▸ WHAT YOU NEED TO DO: From the material below, pull each line containing the string "unfolding".

▸ DATA SECTION:

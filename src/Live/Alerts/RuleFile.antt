-- ===== src/Live/Alerts/RuleFile.antt =====
-- The custom rules of a policy file in oad_parser/live/alerts.py.
use oad_parser.Common.{
  ℕ, ◌+◌, ◌-◌, Option, none, some, List, [], ◌∷◌, ◌++◌, Bool, true, false, not, ◌&&◌, ◌||◌, ◌==◌,
  leb, length, take, if◌then◌else◌, map, Result, ok, err, value_error, value_error_of, ◌>>=◌, ◌>>◌,
}
use oad_parser.Common.Text.{Text, codes, decimal, join, lower, strip}
use oad_parser.Common.Dict.{equals_text}
use oad_parser.Common.Value.{
  Value, null, boolean, text, sequence, mapping, Items, done, item, Fields, Python, find, get,
  has_key, str, is_truthy, contains_text,
}
use oad_parser.Live.Writer.PolicyCheck.{keys, sorted_difference, raise_names, raise_text_if}
use oad_parser.Live.Alerts.Config.{
  CustomOperator, equals, not_equals, greater_than, greater_than_or_equal, less_than,
  less_than_or_equal, contains, does_not_contain, exists, does_not_exist, in_list, not_in_list,
  CustomAlertCondition, Logic, all_of, any_of, CustomAlertRule,
}
use oad_parser.Live.Alerts.Rules.{operator_name}
use oad_parser.Live.Alerts.Parse.{alert_policy_v2_schema_version, is_blank, severities, is_severity}

abbrev is_letter_or_digit : ℕ → Bool
is_letter_or_digit c = (leb 48 c && leb c 57) || (leb 65 c && leb c 90) || (leb 97 c && leb c 122)

-- [A-Za-z0-9_.:-]
abbrev is_id_char : ℕ → Bool
is_id_char c = is_letter_or_digit c || c == 95 || c == 46 || c == 58 || c == 45

abbrev all_chars : (ℕ → Bool) → Text → Bool
all_chars test [] = true
all_chars test (c ∷ t) = test c && all_chars test t

-- `CUSTOM_ALERT_ID_RE` and `CUSTOM_ALERT_FIELD_RE` on a text without spaces at its ends
unfoldable pub matches_id : Text → Bool
matches_id t = leb 1 (length t) && leb (length t) 80 && all_chars is_id_char t

unfoldable pub matches_field : Text → Bool
matches_field t =
    leb 1 (length t) && leb (length t) 128 && all_chars (λ c. is_id_char c || c == 64) t

abbrev underscored : Text → Text
underscored [] = []
underscored (c ∷ t) = (if c == 32 || c == 45 then 95 else c) ∷ underscored t

unfoldable pub normalize_custom_operator : Text → Text
normalize_custom_operator t = underscored (lower (strip t))

abbrev custom_operators : List CustomOperator
custom_operators =
    equals ∷ not_equals ∷ greater_than ∷ greater_than_or_equal ∷ less_than ∷ less_than_or_equal
    ∷ contains ∷ does_not_contain ∷ exists ∷ does_not_exist ∷ in_list ∷ not_in_list ∷ []

abbrev operator_named : Text → List CustomOperator → Option CustomOperator
operator_named t [] = none
operator_named t (o ∷ os) =
    let rest = operator_named t os in if equals_text (operator_name o) t then some o else rest

abbrev wants_value : CustomOperator → Bool
wants_value exists = false
wants_value does_not_exist = false
wants_value _ = true

abbrev wants_list : CustomOperator → Bool
wants_list in_list = true
wants_list not_in_list = true
wants_list _ = false

abbrev is_list : Value → Bool
is_list (sequence items) = true
is_list _ = false

abbrev is_container : Value → Bool
is_container (sequence items) = true
is_container (mapping d) = true
is_container _ = false

-- The text, or the error where the value is none.
abbrev pub text_or : Value → Text → Result Text
text_or (text t) message = ok t
text_or _ message = err (value_error_of message)

abbrev pub some_or {ℓ} : {A : Type ℓ} → Option A → Text → Result A
some_or (some a) message = ok a
some_or none message = err (value_error_of message)

unfoldable pub read_condition : Text → Fields → Result CustomAlertCondition
unfolding matches_field normalize_custom_operator
read_condition path d = do
  raise_names (path ++ codes " has unknown key(s): ")
      (sorted_difference (codes "field" ∷ codes "operator" ∷ codes "value" ∷ []) (keys d))
  name ← text_or (get (codes "field") d) (path ++ codes ".field is invalid")
  raise_text_if (not (matches_field (strip name))) (path ++ codes ".field is invalid")
  written ← text_or (get (codes "operator") d) (path ++ codes ".operator is required")
  operator ←
      some_or (operator_named (normalize_custom_operator written) custom_operators)
        (path ++ codes ".operator is not supported")
  raise_text_if (wants_value operator && not (has_key (codes "value") d))
      (path ++ codes ".value is required")
  let value = get (codes "value") d
  raise_text_if (wants_list operator && not (is_list value)) (path ++ codes ".value must be a list")
  raise_text_if (not (wants_list operator) && is_container value)
      (path ++ codes ".value must be a scalar")
  ok (record { field_name = strip name; operator = operator; value = value })

abbrev pub indexed : Text → ℕ → Text
indexed name index = name ++ (codes "[" ++ (decimal index ++ codes "]"))

abbrev pub condition_of : Text → Value → Result CustomAlertCondition
condition_of path (mapping d) = read_condition path d
condition_of path _ = err (value_error_of (path ++ codes " must be an object"))

unfoldable pub condition_loop : Text → ℕ → Items → Result (List CustomAlertCondition)
unfolding read_condition
condition_loop path index done = ok []
condition_loop path index (item v items) = do
  condition ← condition_of (indexed path index) v
  conditions ← condition_loop path (index + 1) items
  ok (condition ∷ conditions)

unfoldable pub custom_conditions : Text → Value → Result (List CustomAlertCondition)
unfolding condition_loop
custom_conditions path (sequence (item v items)) = condition_loop path 0 (item v items)
custom_conditions path _ = err (value_error_of (path ++ codes " must be a non-empty list"))

unfoldable pub custom_rule_name : Text → Value → Result Text
custom_rule_name path (text t) = do
  raise_text_if (is_blank (strip t)) (path ++ codes ".name is required")
  ok (take 120 (strip t))
custom_rule_name path _ = err (value_error_of (path ++ codes ".name is required"))

abbrev upper_char : ℕ → ℕ
upper_char c = if leb 97 c && leb c 122 then c - 32 else c

-- `text.upper()`, as far as ASCII goes
abbrev pub upper : Text → Text
upper t = map upper_char t

abbrev pub logic_of : Text → Option Logic
logic_of t =
    if equals_text t (codes "ALL")
    then some all_of
    else if equals_text t (codes "ANY")
    then some any_of
    else none

-- `a or b`
abbrev pub or_value : Value → Value → Value
or_value a b = if is_truthy a then a else b

-- `d.get(key, default)`
abbrev pub get_or : Text → Value → Fields → Value
get_or key default d = elim (find key d) [ none ↦ default | some v ↦ v ]

abbrev pub bool_or : Value → Text → Result Bool
bool_or (boolean b) message = ok b
bool_or _ message = err (value_error_of message)

abbrev pub empty_for_null : Value → Value
empty_for_null null = text []
empty_for_null v = v

-- `hashlib.sha1(name.encode("utf-8")).hexdigest()` is a parameter.
module _ (py : Python) (sha1_hex : Text → Text) where
  abbrev pub id_of_value : Value → Text → Result Text
  id_of_value (text t) name = do
    raise_text_if (not (matches_id (strip t))) (
        codes
          "custom rule id/code must contain only letters, numbers, dots, underscores, colons, or dashes")
    ok (strip t)
  id_of_value _ name = err (
      value_error
        "custom rule id/code must contain only letters, numbers, dots, underscores, colons, or dashes")

  unfoldable pub custom_rule_id : Fields → Text → Result Text
  custom_rule_id d name =
      let raw = or_value (get (codes "id") d) (get (codes "code") d) in
      if is_truthy raw
      then id_of_value raw name
      else ok (codes "OAD-CUSTOM-" ++ upper (take 10 (sha1_hex name)))

  abbrev pub rule_keys : List Text
  rule_keys =
      codes "id"
      ∷ codes "code"
      ∷ codes "name"
      ∷ codes "enabled"
      ∷ codes "severity"
      ∷ codes "description"
      ∷ codes "logic"
      ∷ codes "conditions"
      ∷ []

  -- One rule, behind the ids that were read before it.
  unfoldable pub read_rule : Text → List Text → Fields → Result CustomAlertRule
  unfolding custom_rule_name custom_conditions
  read_rule path seen_ids d = do
    raise_names (path ++ codes " has unknown key(s): ") (sorted_difference rule_keys (keys d))
    name ← custom_rule_name path (get (codes "name") d)
    rule_id ← custom_rule_id d name
    raise_text_if (contains_text rule_id seen_ids)
        (codes "custom_rules has duplicate id: " ++ rule_id)
    enabled ←
        bool_or (get_or (codes "enabled") (boolean true) d)
          (path ++ codes ".enabled must be boolean")
    let written = get_or (codes "severity") (text (codes "medium")) d
    raise_text_if (not (is_severity written))
        (path ++ (codes ".severity must be one of: " ++ join (codes ", ") severities))
    severity ← text_or written path
    description ←
        text_or (empty_for_null (get_or (codes "description") (text []) d))
          (path ++ codes ".description must be a string")
    logic ←
        some_or (logic_of (upper (str py (or_value (get (codes "logic") d) (text (codes "ALL"))))))
          (path ++ codes ".logic must be ALL or ANY")
    conditions ← custom_conditions (path ++ codes ".conditions") (get (codes "conditions") d)
    ok (record {
      id = rule_id;
      name = name;
      enabled = enabled;
      severity = severity;
      description = take 500 description;
      logic = logic;
      conditions = conditions;
    })

  abbrev pub rule_of : Text → List Text → Value → Result CustomAlertRule
  rule_of path seen_ids (mapping d) = read_rule path seen_ids d
  rule_of path seen_ids _ = err (value_error_of (path ++ codes " must be an object"))

  unfoldable pub rule_loop : List Text → ℕ → Items → Result (List CustomAlertRule)
  rule_loop seen_ids index done = ok []
  rule_loop seen_ids index (item v items) = do
    rule ← rule_of (indexed (codes "custom_rules") index) seen_ids v
    rules ← rule_loop (rule.id ∷ seen_ids) (index + 1) items
    ok (rule ∷ rules)

  abbrev pub rules_in : Value → Result (List CustomAlertRule)
  rules_in (sequence items) = rule_loop [] 0 items
  rules_in _ = err (value_error "custom_rules must be a list")

  unfoldable pub custom_alert_rules : Value → Text → Result (List CustomAlertRule)
  custom_alert_rules null schema_version = ok []
  custom_alert_rules v schema_version = do
    raise_text_if (not (equals_text schema_version alert_policy_v2_schema_version))
        (codes "custom_rules require schema_version " ++ alert_policy_v2_schema_version)
    rules_in v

▸ ANSWER TO THE EXERCISE:
unfolding matches_field normalize_custom_operator
unfolding read_condition
unfolding condition_loop
  unfolding custom_rule_name custom_conditions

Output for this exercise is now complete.